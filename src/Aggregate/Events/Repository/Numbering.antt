-- ===== src/Aggregate/Events/Repository/Numbering.antt =====
-- The identifiers and versions that the repository gives out.
use minos_python.Base.{
  ℕ, suc, ◌+◌, ◌≤◌, ◌<◌, ◌≡◌, refl, ap, Option, none, some, List, [], ◌∷◌, ◌++◌, arith, get_or,
  length, length-append, All, All-append, All-map, return,
}
use native.Mathlib.Nat.{le_trans}
use minos_python.Aggregate.Store.{Uuid, EventAction, EventEntry, StoredEvent, Store, Environment}
use minos_python.Aggregate.Events.Repository.{
  bump, next_version, counted, as_stored, store_entry, with_uuid, submit,
}
use minos_python.Aggregate.Events.Repository.Outcome.{
  IsStored, accepted, too_low, blocked, no_action, submit-Submitted,
}

-- The entries carry the identifiers n + 1, n + 2, … in the order of the storage.
abbrev pub Numbered : ℕ → List StoredEvent → Type 0
Numbered n [] = Unit
Numbered n (e ∷ es) = (e.id ≡ suc n) × Numbered (suc n) es

-- Two entries for one version of one entity in one transaction.
abbrev pub SameSlot : StoredEvent → StoredEvent → Type 0
SameSlot d e =
    (d.name ≡ e.name)
    × (d.uuid ≡ e.uuid)
    × (d.transaction_uuid ≡ e.transaction_uuid)
    × (d.version ≡ e.version)

abbrev pub Distinct : List StoredEvent → Type 0
Distinct [] = Unit
Distinct (e ∷ es) = All (λ d. ¬ SameSlot e d) es × Distinct es

-- No stored version is above the counter of its slot.
abbrev pub Covered : (ℕ → Uuid → Uuid → ℕ) → StoredEvent → Type 0
Covered f e = e.version ≤ f e.name e.uuid e.transaction_uuid

-- The identifiers are 1, 2, … and the generator is at the last of them.
pub record IsNumbered (s : Store) : Type 0 where
  pub numbered : Numbered 0 s.events
  pub generated : s.generated ≡ length s.events

pub record IsVersioned (s : Store) : Type 0 where
  pub covered : All (Covered s.next_versions) s.events
  pub distinct : Distinct s.events

Numbered-append :
    (n : ℕ) (es : List StoredEvent) (e : StoredEvent)
    → Numbered n es
    → e.id ≡ n + length es + 1
    → Numbered n (es ++ (e ∷ []))
Numbered-append n [] e h id = (omega arith, tt)
Numbered-append n (d ∷ es) e h id = (h.0, Numbered-append (suc n) es e h.1 (omega arith))

-- A submission, however it ends, keeps the identifiers consecutive.
pub submit-IsNumbered :
    (env : Environment) (entry : EventEntry) (ne : Option Uuid) (s : Store)
    → IsNumbered s
    → IsNumbered (submit env entry ne s).1
submit-IsNumbered env entry ne s h = elim (submit-Submitted env entry ne s) [
  | accepted action e _ _ _ is added ↦ record {
    numbered =
        rw added.events
          (Numbered-append 0 s.events e h.numbered (omega (arith, is.id, h.generated)));
    generated =
        rw (added.generated, added.events)
          (omega (arith, h.generated, length-append s.events (e ∷ [])));
  }
  | too_low _ _ _ refused ↦ record {
    numbered = rw refused.events h.numbered;
    generated = rw (refused.generated, refused.events) h.generated;
  }
  | blocked _ _ same ↦ rw same h
  | no_action _ _ same ↦ rw same h
]

bump-ge :
    (f : ℕ → Uuid → Uuid → ℕ) (n : ℕ) (u t : Uuid) (n' : ℕ) (u' t' : Uuid)
    → f n' u' t' ≤ bump f n u t n' u' t'
bump-ge f n u t n' u' t' = ground arith

bump_self : (f : ℕ → Uuid → Uuid → ℕ) (n : ℕ) (u t : Uuid) → bump f n u t n u t ≡ f n u t + 1
bump_self f n u t = ground arith

Distinct-append :
    (es : List StoredEvent) (e : StoredEvent)
    → Distinct es
    → All (λ d. ¬ SameSlot d e) es
    → Distinct (es ++ (e ∷ []))
Distinct-append [] e h new = (tt, tt)
Distinct-append (d ∷ es) e h new =
    (All-append (λ x. ¬ SameSlot d x) es (e ∷ []) h.0 (new.0, tt), Distinct-append es e h.1 new.1)

-- A version above the counter of its slot has not been given out.
not-SameSlot :
    (f : ℕ → Uuid → Uuid → ℕ) (e d : StoredEvent)
    → f e.name e.uuid e.transaction_uuid < e.version
    → Covered f d
    → ¬ SameSlot d e
not-SameSlot f e d above h (name, uuid, transaction, version) = absurd (
    omega (
      arith,
      h,
      ap (λ n. f n d.uuid d.transaction_uuid) name,
      ap (λ u. f e.name u d.transaction_uuid) uuid,
      ap (λ t. f e.name e.uuid t) transaction,
    ))

-- The entry leaves its version to the repository, or names the one that comes next.
abbrev pub LeavesNoGap : EventEntry → Store → Type 0
LeavesNoGap entry s = get_or entry.version (next_version entry s) ≤ next_version entry s

module _ (env : Environment) (entry : EventEntry) (action : EventAction) (s : Store)
    (e : StoredEvent) (is : IsStored env entry action s e) where
  slot-next : s.next_versions e.name e.uuid e.transaction_uuid + 1 ≡ next_version entry s
  slot-next = rw (is.name, is.uuid, is.transaction_uuid)

  IsStored-above : s.next_versions e.name e.uuid e.transaction_uuid < e.version
  IsStored-above = omega (arith, slot-next, is.fits)

  IsStored-Covered : LeavesNoGap entry s → Covered (counted entry s) e
  IsStored-Covered gap =
      rw
        (
          is.name,
          is.uuid,
          is.transaction_uuid,
          bump_self s.next_versions entry.name entry.uuid entry.transaction_uuid,
        )
        (omega (arith, gap, is.version))

-- As long as no submitted entry skips a version, every version of an entity is given out once in
-- each transaction, and the counters stay at or above all versions, however a submission ends.
pub submit-IsVersioned :
    (env : Environment) (entry : EventEntry) (ne : Option Uuid) (s : Store)
    → IsVersioned s
    → LeavesNoGap (with_uuid env entry s) s
    → IsVersioned (submit env entry ne s).1
submit-IsVersioned env entry ne s h gap = elim (submit-Submitted env entry ne s) [
  | accepted action e _ _ _ is added ↦
      let filled = with_uuid env entry s in
      record {
        covered =
            rw (added.events, added.counters)
              (All-append (Covered (counted filled s)) s.events (e ∷ [])
                (All-map _ _ s.events
                  (λ d c. le_trans c (
                    bump-ge s.next_versions filled.name filled.uuid filled.transaction_uuid d.name
                      d.uuid d.transaction_uuid))
                  h.covered)
                (IsStored-Covered env filled action s e is gap, tt));
        distinct = rw added.events (
            Distinct-append s.events e h.distinct (
              All-map _ _ s.events
                (λ d c.
                  not-SameSlot s.next_versions e d (IsStored-above env filled action s e is) c)
                h.covered));
      }
  | too_low _ _ _ refused ↦
      let filled = with_uuid env entry s in
      record {
        covered =
            rw (refused.events, refused.counters_now)
              (All-map _ _ s.events
                (λ d c. le_trans c (
                  bump-ge s.next_versions filled.name filled.uuid filled.transaction_uuid d.name
                    d.uuid d.transaction_uuid))
                h.covered);
        distinct = rw refused.events h.distinct;
      }
  | blocked _ _ same ↦ rw same h
  | no_action _ _ same ↦ rw same h
]

-- An entry that skips one version is accepted, and the next entry that leaves its version to the
-- repository is given the same version again: whatever the store, one slot is then taken twice.
pub store_entry-skips :
    (env : Environment) (entry : EventEntry) (action : EventAction) (s : Store)
    → let skipping : EventEntry = record entry { version = some (next_version entry s + 1) } in
      let automatic : EventEntry = record entry { version = none } in
      let (r, s₁) = store_entry env skipping action s in
      let (r', s₂) = store_entry env automatic action s₁ in
      (d : StoredEvent) × (e : StoredEvent) × (r ≡ return d) × (r' ≡ return e) × SameSlot d e
unfolding store_entry
store_entry-skips env entry action s =
    let skipping : EventEntry = record entry { version = some (next_version entry s + 1) } in
    let automatic : EventEntry = record entry { version = none } in
    let s₁ = (store_entry env skipping action s).1 in
    (
      as_stored env skipping action s,
      as_stored env automatic action s₁,
      ground arith,
      ground arith,
      (refl, refl, refl, ground arith),
    )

■ ■ ■

Exercise: Look above for the line holding "refused ↦ record", then set down exactly that line and every line after it up to and including the line holding "f e.name e.uuid e.transaction_uuid < e.version", with nothing else.

Solution:
  | too_low _ _ _ refused ↦ record {
    numbered = rw refused.events h.numbered;
    generated = rw (refused.generated, refused.events) h.generated;
  }
  | blocked _ _ same ↦ rw same h
  | no_action _ _ same ↦ rw same h
]

bump-ge :
    (f : ℕ → Uuid → Uuid → ℕ) (n : ℕ) (u t : Uuid) (n' : ℕ) (u' t' : Uuid)
    → f n' u' t' ≤ bump f n u t n' u' t'
bump-ge f n u t n' u' t' = ground arith

bump_self : (f : ℕ → Uuid → Uuid → ℕ) (n : ℕ) (u t : Uuid) → bump f n u t n u t ≡ f n u t + 1
bump_self f n u t = ground arith

Distinct-append :
    (es : List StoredEvent) (e : StoredEvent)
    → Distinct es
    → All (λ d. ¬ SameSlot d e) es
    → Distinct (es ++ (e ∷ []))
Distinct-append [] e h new = (tt, tt)
Distinct-append (d ∷ es) e h new =
    (All-append (λ x. ¬ SameSlot d x) es (e ∷ []) h.0 (new.0, tt), Distinct-append es e h.1 new.1)

-- A version above the counter of its slot has not been given out.
not-SameSlot :
    (f : ℕ → Uuid → Uuid → ℕ) (e d : StoredEvent)
    → f e.name e.uuid e.transaction_uuid < e.version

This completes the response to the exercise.